Social or inclusive procurement seeks to use the power of purchasing to create more diverse and inclusive economies. Victoria and Scotland are two jurisdictions with ambitious social procurement policies. Like other contemporary reforms, the design and implementation of social procurement policies requires new ways of working by governments, with active involvement from a variety of people and organisations across sectors.

This webinar will offer some early findings from a three-year comparative study of the implementation of social procurement policies in Scotland and Victoria. Presenters will share comparative insights about the underlying drivers of the policies, and the key challenges and unanticipated outcomes of their implementation. You’ll hear from three members of the project team: Prof Jo Barraket, Associate Prof Emma Lee, and Prof Michael Roy.

The webinar will run from 4pm-5.30pm AEST, Wednesday 24 August 2022 (7am-8.30am for those in Scotland). See other time zones.

The project is funded by the Australian Research Council Discovery Grant program (DP200101394), enabled by those who have shared their knowledge, and jointly delivered by researchers at University of Melbourne, Swinburne University of Technology, University of Technology Sydney, Glasgow Caledonian University and University of New South Wales. As an international collective, we give our respects to Indigenous Peoples and their lands and waters we reside upon. We recognise that we are engaged in Western forms of research and data collection and understand that these methodologies have caused harms to Indigenous Peoples through time.

The Speakers

Professor Jo Barraket – University of Melbourne

Prof Jo Barraket is Director of the Melbourne Social Equity Institute. A political sociologist, Jo is Australia’s premier researcher of social enterprise and a leading researcher of social innovation. Her work focuses on how social equity is improved through new ways of organising, resourcing and scaling social change, and the relationships between state and civil society organisations in policy processes.  She has previously led national and state-based mapping of social enterprise, action research on the impacts of social enterprise through the Social Enterprise Impact Lab, and was a founding researcher of the Australian Digital Inclusion Index. Jo conducts research that generates high quality research publications, as well as outputs – such as interactive online tools, policy and practice guides – which support the uptake and use of research knowledge.
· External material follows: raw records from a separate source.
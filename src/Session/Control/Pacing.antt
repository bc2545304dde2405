-- ===== src/Session/Control/Pacing.antt =====
-- The times of the PONGs of controlReader (session/session.go).
use quicrtc.Prelude.{
  ℕ, ◌+◌, ◌<◌, ◌≤◌, ◌≡◌, ◌⊎◌, inl, inr, List, [], ◌∷◌, All, ◌==◌, leb, arith, Bool-cases,
}
use quicrtc.Session.Control.{min_ping_interval, type_ping}
use quicrtc.Session.Control.Laws.{Frame, pong_due, pongs_due}

-- Each PONG is at least the interval after the one before.
abbrev pub IsSpaced : ℕ → List (ℕ × List ℕ) → Type 0
IsSpaced last [] = Unit
IsSpaced last (p ∷ ps) = (last + min_ping_interval ≤ p.0) × IsSpaced p.0 ps

-- So they are after the last one sent before, if there was one.
abbrev pub IsPaced : ℕ → List (ℕ × List ℕ) → Type 0
IsPaced last [] = Unit
IsPaced last (p ∷ ps) = ((last ≡ 0) ⊎ (last + min_ping_interval ≤ p.0)) × IsSpaced p.0 ps

pong_due-cases :
    (last : ℕ) (f : Frame)
    → (pong_due last f ≡ [])
      ⊎ ((pong_due last f ≡ (f.0, f.1.1) ∷ []) × ((last ≡ 0) ⊎ (last + min_ping_interval ≤ f.0)))
pong_due-cases last (now, (t, payload)) = elim (Bool-cases (t == type_ping)) [
  | inr no_ping ↦ inl (ground (arith, no_ping))
  | inl ping ↦ elim (Bool-cases (last == 0)) [
    | inl first ↦ inr (ground (arith, ping, first), inl (ground (arith, first)))
    | inr later ↦ elim (Bool-cases (leb (last + min_ping_interval) now)) [
      | inl far ↦ inr (ground (arith, ping, later, far), inr (ground (arith, far)))
      | inr near ↦ inl (ground (arith, ping, later, near))
    ]
  ]
]

pongs_due-IsSpaced :
    (last : ℕ) (fs : List Frame)
    → 0 < last
    → All (λ f. 0 < f.0) fs
    → IsSpaced last (pongs_due last fs)
pongs_due-IsSpaced last [] pos late = tt
pongs_due-IsSpaced last (f ∷ fs) pos late = elim (pong_due-cases last f) [
  | inl quiet ↦ rw quiet (pongs_due-IsSpaced last fs pos late.1)
  | inr (due, far) ↦
      let spaced : last + min_ping_interval ≤ f.0 = elim far [
        | inl zero_last ↦ absurd (omega (arith, zero_last))
        | inr h ↦ h
      ] in
      rw due (spaced, pongs_due-IsSpaced f.0 fs late.0 late.1)
]

pub pongs_due-IsPaced :
    (last : ℕ) (fs : List Frame) → All (λ f. 0 < f.0) fs → IsPaced last (pongs_due last fs)
pongs_due-IsPaced last [] late = tt
pongs_due-IsPaced last (f ∷ fs) late = elim (pong_due-cases last f) [
  | inl quiet ↦ rw quiet (pongs_due-IsPaced last fs late.1)
  | inr (due, far) ↦ rw due (far, pongs_due-IsSpaced f.0 fs late.0 late.1)
]
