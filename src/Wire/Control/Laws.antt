-- ===== src/Wire/Control/Laws.antt =====
-- WriteControlFrame against ReadControlFrame (wire/frame.go).
use native.Mathlib.Decide.{dec_lt}
use quicrtc.Prelude.{
  ℕ, List, some, none, ◌≡◌, ◌==◌, ltb, length, take, drop, Sink, eof, unexpected_eof,
  frame_too_large, ok, err, read_full, put_u24, get_be, [], ◌∷◌, ◌++◌, read_full-append,
  length-append, ◌⊎◌, inl, inr, ◌≢◌, io_fault, All, IsByte, get_be-take-put_u24, append-nil, arith,
  ◌≤◌, ◌<◌, refl,
}
use quicrtc.Wire.{max_control_payload}
use quicrtc.Wire.Readers.{
  IsStable, Extends-bind, Extends-if, read_full-IsStable, read_full-inv, read_full-short, truncated,
}
use quicrtc.Wire.Writers.{write_parts_cases}
use quicrtc.Wire.Control.{write_control_frame, read_control_frame}

-- The bytes of a control frame: type, length, payload.
abbrev pub control_frame : ℕ → List ℕ → List ℕ
control_frame typ payload = (typ ∷ put_u24 (length payload)) ++ payload

read_header :
    (typ : ℕ) (payload rest : List ℕ)
    → read_full 4 (control_frame typ payload ++ rest)
      ≡ ok (typ ∷ put_u24 (length payload), payload ++ rest)
unfolding put_u24
read_header typ payload rest =
    read_full-append (typ ∷ put_u24 (length payload)) (payload ++ rest) 4 (omega arith)

read_length : (n : ℕ) → n ≤ max_control_payload → get_be (take 3 (put_u24 n)) ≡ n
read_length n h = rw append-nil at (get_be-take-put_u24 n [] (omega arith))

pub read-control_frame :
    (typ : ℕ) (payload rest : List ℕ)
    → length payload ≤ max_control_payload
    → read_control_frame (control_frame typ payload ++ rest) ≡ ok ((typ, payload), rest)
unfolding read_control_frame
read-control_frame typ [] rest h = rw (read_header typ [] rest, read_length 0 h)
read-control_frame typ (x ∷ xs) rest h =
    rw (read_header typ (x ∷ xs) rest, read_length (length (x ∷ xs)) h)
      (ground (arith, read_full-append (x ∷ xs) rest (length (x ∷ xs))))

pub read_control_frame-IsStable : IsStable read_control_frame
unfolding read_control_frame
read_control_frame-IsStable s more = Extends-bind more _ _ _ (read_full-IsStable 4 s more) λ hdr t.
    let n = get_be (take 3 (drop 1 hdr)) in
    Extends-if more (ltb max_control_payload n) _ _ _ _ refl (
      Extends-if more (n == 0) _ _ _ _ refl
        (Extends-bind more _ _ _ (read_full-IsStable n t more) (λ p u. refl)))

-- On every proper part of a frame ReadControlFrame reports that the stream ended.
pub read_control_frame-truncated :
    (typ : ℕ) (payload front : List ℕ) (x : ℕ) (back : List ℕ)
    → length payload ≤ max_control_payload
    → control_frame typ payload ≡ front ++ x ∷ back
    → (read_control_frame front ≡ err eof) ⊎ (read_control_frame front ≡ err unexpected_eof)
read_control_frame-truncated typ payload front x back h e =
    truncated read_control_frame front x back read_control_frame-IsStable
      (rw (append-nil, e) at (read-control_frame typ payload [] h))

-- The frame of what was read, from the four bytes of its header and its payload.
frame_bytes :
    (a b c : ℕ) (payload : List ℕ)
    → All IsByte (a ∷ b ∷ c ∷ [])
    → length payload ≡ get_be (a ∷ b ∷ c ∷ [])
    → put_u24 (length payload) ≡ a ∷ b ∷ c ∷ []
unfolding put_u24 get_be
frame_bytes a b c payload h e = rw e (ground arith)

-- ReadControlFrame takes from its input exactly the frame that WriteControlFrame writes for the
-- type and payload that it returns, and the payload is within the limit.
pub read_control_frame-inv :
    (r : List ℕ) (typ : ℕ) (payload rest : List ℕ)
    → All IsByte r
    → read_control_frame r ≡ ok ((typ, payload), rest)
    → (r ≡ control_frame typ payload ++ rest) × (length payload ≤ max_control_payload)
unfolding read_control_frame
read_control_frame-inv (t ∷ a ∷ b ∷ c ∷ r) typ payload rest bytes e = ground (
  arith,
  read_full-append (t ∷ a ∷ b ∷ c ∷ []) r 4 (omega arith),
  frame_bytes a b c payload,
  read_full-inv (get_be (a ∷ b ∷ c ∷ [])) r payload rest,
)
read_control_frame-inv r typ payload rest bytes e = elim (read_full-short 4 r (omega arith)) [
  | inl f ↦ absurd (ground (arith, f))
  | inr f ↦ absurd (ground (arith, f))
]

-- A control frame survives the wire. A payload over 64 KiB is refused with nothing written. Any
-- other is either refused because a Write failed, or appended whole, and then ReadControlFrame
-- reads back its type and payload and leaves the bytes behind the frame.
pub control_round_trip :
    (w : Sink) (typ : ℕ) (payload rest : List ℕ)
    → let (w', e) = write_control_frame w typ payload in
      ((max_control_payload < length payload) × (w' ≡ w) × (e ≡ some frame_too_large))
      ⊎ ((length payload ≤ max_control_payload) × (w.faults ≢ []) × (e ≡ some io_fault))
      ⊎ ((length payload ≤ max_control_payload)
          × (e ≡ none)
          × (w'.out ≡ w.out ++ control_frame typ payload)
          × (read_control_frame (control_frame typ payload ++ rest) ≡ ok ((typ, payload), rest)))
unfolding write_control_frame
control_round_trip w typ payload rest = elim (dec_lt max_control_payload (length payload)) [
  | yes big ↦ inl (big, ground arith, ground arith)
  | no fits ↦
      let h : length payload ≤ max_control_payload = omega arith in
      let back = read-control_frame typ payload rest h in
      elim (write_parts_cases w (typ ∷ put_u24 (length payload)) payload) [
        | inl f ↦ inr (inl (h, f.0, ground arith))
        | inr g ↦ inr (inr (h, ground arith, ground arith, back))
      ]
]

-- A frame takes bytes.
pub read_control_frame-shorter :
    (r : List ℕ) (typ : ℕ) (payload rest : List ℕ)
    → read_control_frame r ≡ ok ((typ, payload), rest)
    → length rest < length r
unfolding read_control_frame
read_control_frame-shorter (t ∷ a ∷ b ∷ c ∷ r) typ payload rest e =
    let n = get_be (a ∷ b ∷ c ∷ []) in
    let first = read_full-append (t ∷ a ∷ b ∷ c ∷ []) r 4 (omega arith) in
    ground (arith, first, read_full-inv n r payload rest, length-append payload rest)
read_control_frame-shorter r typ payload rest e = elim (read_full-short 4 r (omega arith)) [
  | inl f ↦ absurd (ground (arith, f))
  | inr f ↦ absurd (ground (arith, f))
]
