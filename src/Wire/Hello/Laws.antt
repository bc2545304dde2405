-- ===== src/Wire/Hello/Laws.antt =====
-- NegotiateVersion of wire/hello.go.
use quicrtc.Prelude.{
  ◌<◌, ◌≡◌, refl, sym, ap, ap₂, ◌∙◌, ◌⊎◌, inl, inr, Bool, true, false, ◌==◌, ltb, if◌then◌else◌,
  length, [], ◌∷◌, none, some, Text, arith, Bool-cases, subst,
}
use quicrtc.Wire.Hello.{text_less, cmp_version, above_zero, below_zero, negotiate_version}

-- The test that `a` is not past `b`.
abbrev NotPast : Text → Text → Type 0
NotPast a b = below_zero (cmp_version b a) ≡ false

-- The order of strings, byte by byte.
abbrev pub IsBefore : Text → Text → Type 0
IsBefore xs [] = ⊥
IsBefore [] (y ∷ ys) = Unit
IsBefore (x ∷ xs) (y ∷ ys) = (x < y) ⊎ ((x ≡ y) × IsBefore xs ys)

-- The order of versions: first by length, then by the bytes.
abbrev pub IsOlder : Text → Text → Type 0
IsOlder a b = (length a < length b) ⊎ ((length a ≡ length b) × IsBefore a b)

text_less_trans :
    (a b c : Text) → text_less a b ≡ true → text_less b c ≡ true → text_less a c ≡ true
text_less_trans [] [] c p q = absurd (cc p)
text_less_trans [] (y ∷ b) [] p q = absurd (cc q)
text_less_trans [] (y ∷ b) (z ∷ c) p q = refl
text_less_trans (x ∷ a) [] c p q = absurd (cc p)
text_less_trans (x ∷ a) (y ∷ b) [] p q = absurd (cc q)
text_less_trans (x ∷ a) (y ∷ b) (z ∷ c) p q = ground (arith, text_less_trans a b c)

text_less_irrefl : (a : Text) → text_less a a ≡ false
text_less_irrefl [] = refl
text_less_irrefl (x ∷ a) = ground (arith, text_less_irrefl a)

text_less_connex : (a b : Text) → text_less a b ≡ false → text_less b a ≡ false → a ≡ b
text_less_connex [] [] p q = refl
text_less_connex [] (y ∷ b) p q = absurd (cc p)
text_less_connex (x ∷ a) [] p q = absurd (cc q)
text_less_connex (x ∷ a) (y ∷ b) p q =
    let same : x ≡ y = ground arith in
    let less : text_less a b ≡ false = ground (arith, same) in
    let more : text_less b a ≡ false = ground (arith, same) in
    ap₂ (λ h t. h ∷ t) same (text_less_connex a b less more)

-- `a` comes before `b`.
abbrev older : Text → Text → Bool
older a b = below_zero (cmp_version a b)

older-eq :
    (a b : Text)
    → older a b ≡ (if length a == length b then text_less a b else ltb (length a) (length b))
unfolding cmp_version
older-eq a b = ground arith

above-older : (a b : Text) → above_zero (cmp_version a b) ≡ older b a
unfolding cmp_version
above-older a b = elim (Bool-cases (text_less a b)) [
  | inl less ↦ elim (Bool-cases (text_less b a)) [
    | inl more ↦ absurd (cc (text_less_trans a b a less more, text_less_irrefl a))
    | inr not_more ↦ ground (arith, less, not_more)
  ]
  | inr not_less ↦ ground (arith, not_less)
]

older_trans : (a b c : Text) → older a b ≡ true → older b c ≡ true → older a c ≡ true
older_trans a b c p q =
    ground (arith, older-eq a b, older-eq b c, older-eq a c, text_less_trans a b c)

older_connex : (a b : Text) → older a b ≡ false → older b a ≡ false → a ≡ b
older_connex a b p q =
    let less : text_less a b ≡ false = ground (arith, older-eq a b, older-eq b a) in
    let more : text_less b a ≡ false = ground (arith, older-eq a b, older-eq b a) in
    text_less_connex a b less more

NotPast-trans : (a b c : Text) → NotPast a b → NotPast b c → NotPast a c
NotPast-trans a b c p q = elim (Bool-cases (older c a)) [
  | inr fine ↦ fine
  | inl bad ↦ elim (Bool-cases (older b c)) [
    | inl step ↦ absurd (cc (older_trans b c a step bad, p))
    | inr stay ↦ absurd (cc (p, bad, ap (λ v. older v a) (older_connex b c stay q)))
  ]
]

NotPast-refl : (a : Text) → NotPast a a
NotPast-refl a = rw (older-eq a a) (ground (arith, text_less_irrefl a))

older-NotPast : (a b : Text) → older a b ≡ true → NotPast a b
older-NotPast a b p = elim (Bool-cases (older b a)) [
  | inr fine ↦ fine
  | inl bad ↦ absurd (cc (older_trans a b a p bad, NotPast-refl a))
]

-- The later of two versions, and the earlier.
later_of : Text → Text → Text
later_of s c = if above_zero (cmp_version s c) then s else c

earlier_of : Text → Text → Text
earlier_of s c = if below_zero (cmp_version s c) then s else c

later_of_lem :
    (s c : Text)
    → NotPast s (later_of s c)
      × NotPast c (later_of s c)
      × ((later_of s c ≡ s) ⊎ (later_of s c ≡ c))
unfolding later_of
later_of_lem s c = elim (Bool-cases (above_zero (cmp_version s c))) [
  | inl up ↦
      let c_first = older-NotPast c s (sym (above-older s c) ∙ up) in
      rw up (NotPast-refl s, c_first, inl refl)
  | inr same ↦
      let s_first : NotPast s c = sym (above-older s c) ∙ same in
      rw same (s_first, NotPast-refl c, inr refl)
]

earlier_of_lem :
    (s c : Text)
    → NotPast (earlier_of s c) s
      × NotPast (earlier_of s c) c
      × ((earlier_of s c ≡ s) ⊎ (earlier_of s c ≡ c))
unfolding earlier_of
earlier_of_lem s c = elim (Bool-cases (below_zero (cmp_version s c))) [
  | inl down ↦ rw down (NotPast-refl s, older-NotPast s c down, inl refl)
  | inr same ↦ rw same (same, NotPast-refl c, inr refl)
]

-- `w` is in a range.
abbrev WithinTests : Text → Text → Text → Type 0
WithinTests lo hi w = NotPast lo w × NotPast w hi

-- `w` is outside one of the ranges.
abbrev OutsideTests : Text → Text → Text → Text → Text → Type 0
OutsideTests client_min client_max server_min server_max w =
    (older w client_min ≡ true)
    ⊎ (older client_max w ≡ true)
    ⊎ (older w server_min ≡ true)
    ⊎ (older server_max w ≡ true)

OutsideTests-cases :
    (client_min client_max server_min server_max w : Text)
    → OutsideTests client_min client_max server_min server_max w
      ⊎ (WithinTests client_min client_max w × WithinTests server_min server_max w)
OutsideTests-cases client_min client_max server_min server_max w =
    elim (Bool-cases (older w client_min)) [
      | inl a ↦ inl (inl a)
      | inr a ↦ elim (Bool-cases (older client_max w)) [
        | inl b ↦ inl (inr (inl b))
        | inr b ↦ elim (Bool-cases (older w server_min)) [
          | inl c ↦ inl (inr (inr (inl c)))
          | inr c ↦ elim (Bool-cases (older server_max w)) [
            | inl d ↦ inl (inr (inr (inr d)))
            | inr d ↦ inr ((a, b), (c, d))
          ]
        ]
      ]
    ]

negotiate_version-eq :
    (client_min client_max server_min server_max : Text)
    → negotiate_version client_min client_max server_min server_max ≡ (
        if older (earlier_of server_max client_max) (later_of server_min client_min)
        then none
        else some (earlier_of server_max client_max))
unfolding negotiate_version later_of earlier_of
negotiate_version-eq client_min client_max server_min server_max = refl

-- In the range of both sides, or not: a later bound and an earlier one say which.
both :
    (client_min client_max server_min server_max w : Text)
    → WithinTests client_min client_max w
    → WithinTests server_min server_max w
    → NotPast (later_of server_min client_min) w × NotPast w (earlier_of server_max client_max)
both client_min client_max server_min server_max w (a, b) (c, d) =
    let lo : NotPast (later_of server_min client_min) w =
      elim (later_of_lem server_min client_min).2 [
        | inl e ↦ subst (λ v. NotPast v w) (sym e) c
        | inr e ↦ subst (λ v. NotPast v w) (sym e) a
      ] in
    let hi : NotPast w (earlier_of server_max client_max) =
      elim (earlier_of_lem server_max client_max).2 [
        | inl e ↦ subst (λ v. NotPast w v) (sym e) d
        | inr e ↦ subst (λ v. NotPast w v) (sym e) b
      ] in
    (lo, hi)

-- The same by the tests of the code.
negotiate_version-tests :
    (client_min client_max server_min server_max w : Text)
    → ((negotiate_version client_min client_max server_min server_max ≡ none)
        × OutsideTests client_min client_max server_min server_max w)
      ⊎ ((v : Text) × (negotiate_version client_min client_max server_min server_max ≡ some v)
          × WithinTests client_min client_max v
          × WithinTests server_min server_max v
          × (OutsideTests client_min client_max server_min server_max w ⊎ NotPast w v))
negotiate_version-tests client_min client_max server_min server_max w =
    let lo = later_of server_min client_min in
    let hi = earlier_of server_max client_max in
    let (s_lo, c_lo, _) = later_of_lem server_min client_min in
    let (s_hi, c_hi, _) = earlier_of_lem server_max client_max in
    let eq = negotiate_version-eq client_min client_max server_min server_max in
    elim (Bool-cases (older hi lo)) [
      | inl apart ↦ inl (
        rw (eq, apart) refl,
        elim (OutsideTests-cases client_min client_max server_min server_max w) [
          | inl out ↦ out
          | inr (c, s) ↦
              let (a, b) = both client_min client_max server_min server_max w c s in
              absurd (cc (NotPast-trans lo w hi a b, apart))
        ],
      )
      | inr meet ↦ inr (
        hi,
        rw (eq, meet) refl,
        (NotPast-trans client_min lo hi c_lo meet, c_hi),
        (NotPast-trans server_min lo hi s_lo meet, s_hi),
        elim (OutsideTests-cases client_min client_max server_min server_max w) [
          | inl out ↦ inl out
          | inr (c, s) ↦ inr (both client_min client_max server_min server_max w c s).1
        ],
      )
    ]

text_less-IsBefore : (a b : Text) → text_less a b ≡ true → IsBefore a b
text_less-IsBefore a [] h = absurd (cc h)
text_less-IsBefore [] (y ∷ b) h = tt
text_less-IsBefore (x ∷ a) (y ∷ b) h = elim (Bool-cases (ltb x y)) [
  | inl lower ↦ inl (ground (arith, lower))
  | inr rest ↦
      let same : x ≡ y = ground (arith, rest, h) in
      let less : text_less a b ≡ true = ground (arith, rest, h) in
      inr (same, text_less-IsBefore a b less)
]

older-IsOlder : (a b : Text) → older a b ≡ true → IsOlder a b
older-IsOlder a b h = elim (Bool-cases (length a == length b)) [
  | inl level ↦
      let less : text_less a b ≡ true = ground (arith, older-eq a b, level, h) in
      let same : length a ≡ length b = ground (arith, level) in
      inr (same, text_less-IsBefore a b less)
  | inr apart ↦ inl (ground (arith, older-eq a b, apart, h))
]

-- `a` is `b` or older.
abbrev pub IsUpTo : Text → Text → Type 0
IsUpTo a b = (a ≡ b) ⊎ IsOlder a b

NotPast-IsUpTo : (a b : Text) → NotPast a b → IsUpTo a b
NotPast-IsUpTo a b h = elim (Bool-cases (older a b)) [
  | inl less ↦ inr (older-IsOlder a b less)
  | inr same ↦ inl (older_connex a b same h)
]

-- `w` is in a range.
abbrev pub Within : Text → Text → Text → Type 0
Within lo hi w = IsUpTo lo w × IsUpTo w hi

WithinTests-Within : (lo hi w : Text) → WithinTests lo hi w → Within lo hi w
WithinTests-Within lo hi w (a, b) = (NotPast-IsUpTo lo w a, NotPast-IsUpTo w hi b)

-- `w` is outside one of the ranges.
abbrev pub Outside : Text → Text → Text → Text → Text → Type 0
Outside client_min client_max server_min server_max w =
    IsOlder w client_min ⊎ IsOlder client_max w ⊎ IsOlder w server_min ⊎ IsOlder server_max w

OutsideTests-Outside :
    (client_min client_max server_min server_max w : Text)
    → OutsideTests client_min client_max server_min server_max w
    → Outside client_min client_max server_min server_max w
OutsideTests-Outside client_min client_max server_min server_max w (inl a) =
    inl (older-IsOlder w client_min a)
OutsideTests-Outside client_min client_max server_min server_max w (inr (inl b)) =
    inr (inl (older-IsOlder client_max w b))
OutsideTests-Outside client_min client_max server_min server_max w (inr (inr (inl c))) =
    inr (inr (inl (older-IsOlder w server_min c)))
OutsideTests-Outside client_min client_max server_min server_max w (inr (inr (inr d))) =
    inr (inr (inr (older-IsOlder server_max w d)))

-- NegotiateVersion picks the newest version that both sides can speak, whatever the two ranges: the
-- version that it returns is in both, and any other is outside one of them or no newer; if it
-- returns none, every version is outside one of them. A version is older than another if it is
-- shorter, or as long and before it byte by byte.
pub negotiate_version_lem :
    (client_min client_max server_min server_max w : Text)
    → ((negotiate_version client_min client_max server_min server_max ≡ none)
        × Outside client_min client_max server_min server_max w)
      ⊎ ((v : Text) × (negotiate_version client_min client_max server_min server_max ≡ some v)
          × Within client_min client_max v
          × Within server_min server_max v
          × (Outside client_min client_max server_min server_max w ⊎ IsUpTo w v))
negotiate_version_lem client_min client_max server_min server_max w =
    let outside = OutsideTests-Outside client_min client_max server_min server_max w in
    elim (negotiate_version-tests client_min client_max server_min server_max w) [
      | inl (apart, out) ↦ inl (apart, outside out)
      | inr (v, agreed, offered, supported, best) ↦ inr (
        v,
        agreed,
        WithinTests-Within client_min client_max v offered,
        WithinTests-Within server_min server_max v supported,
        elim best [ inl out ↦ inl (outside out) | inr up ↦ inr (NotPast-IsUpTo w v up) ],
      )
    ]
Prior to her current role at the University of Melbourne, she was the founding director of the Centre for Social Impact Swinburne, which she built into the largest social economy research centre in the world.

Associate Professor Emma Lee – Swinburne University of Technology

Dr Emma Lee is a trawlwulwuy woman of tebrakunna country, north-east Tasmania, Australia. She is an Associate Professor, Indigenous Leadership, at the Centre for Social Impact, Swinburne University of Technology.  Emma’s work in Tasmania has assisted in constitutional reform, the first joint management plan of a protected area and establishing a market for cultural fisheries.

In 2021, she became the first Indigenous Australian editor of a Best Practice Guideline for the International Union for the Conservation of Nature (IUCN) and in 2020 was the inaugural recipient of the William Jonas Award, Institute of Australian Geographers.  In 2019, she accepted a Federal Government role on the National Co-Design Group, Indigenous Voice, for developing models and processes for Indigenous advice to parliament and government. Emma was a finalist for 2022 Australian of the Year (Tasmania) for her body of work in Indigenous rights.

Professor Michael Roy – Glasgow Caledonian University

Michael J. Roy PhD is Professor of Economic Sociology and Social Policy at the Yunus Centre for Social Business and Health, Glasgow Caledonian University, Glasgow, UK. His research focuses on: social enterprise, particularly their health and wellbeing impacts; social economy ‘ecosystems’; and on innovative and controversial social policy instruments such as Social Impact Bonds. He is Editor in Chief of Social Enterprise Journal and Associate Editor of Journal of Social Entrepreneurship.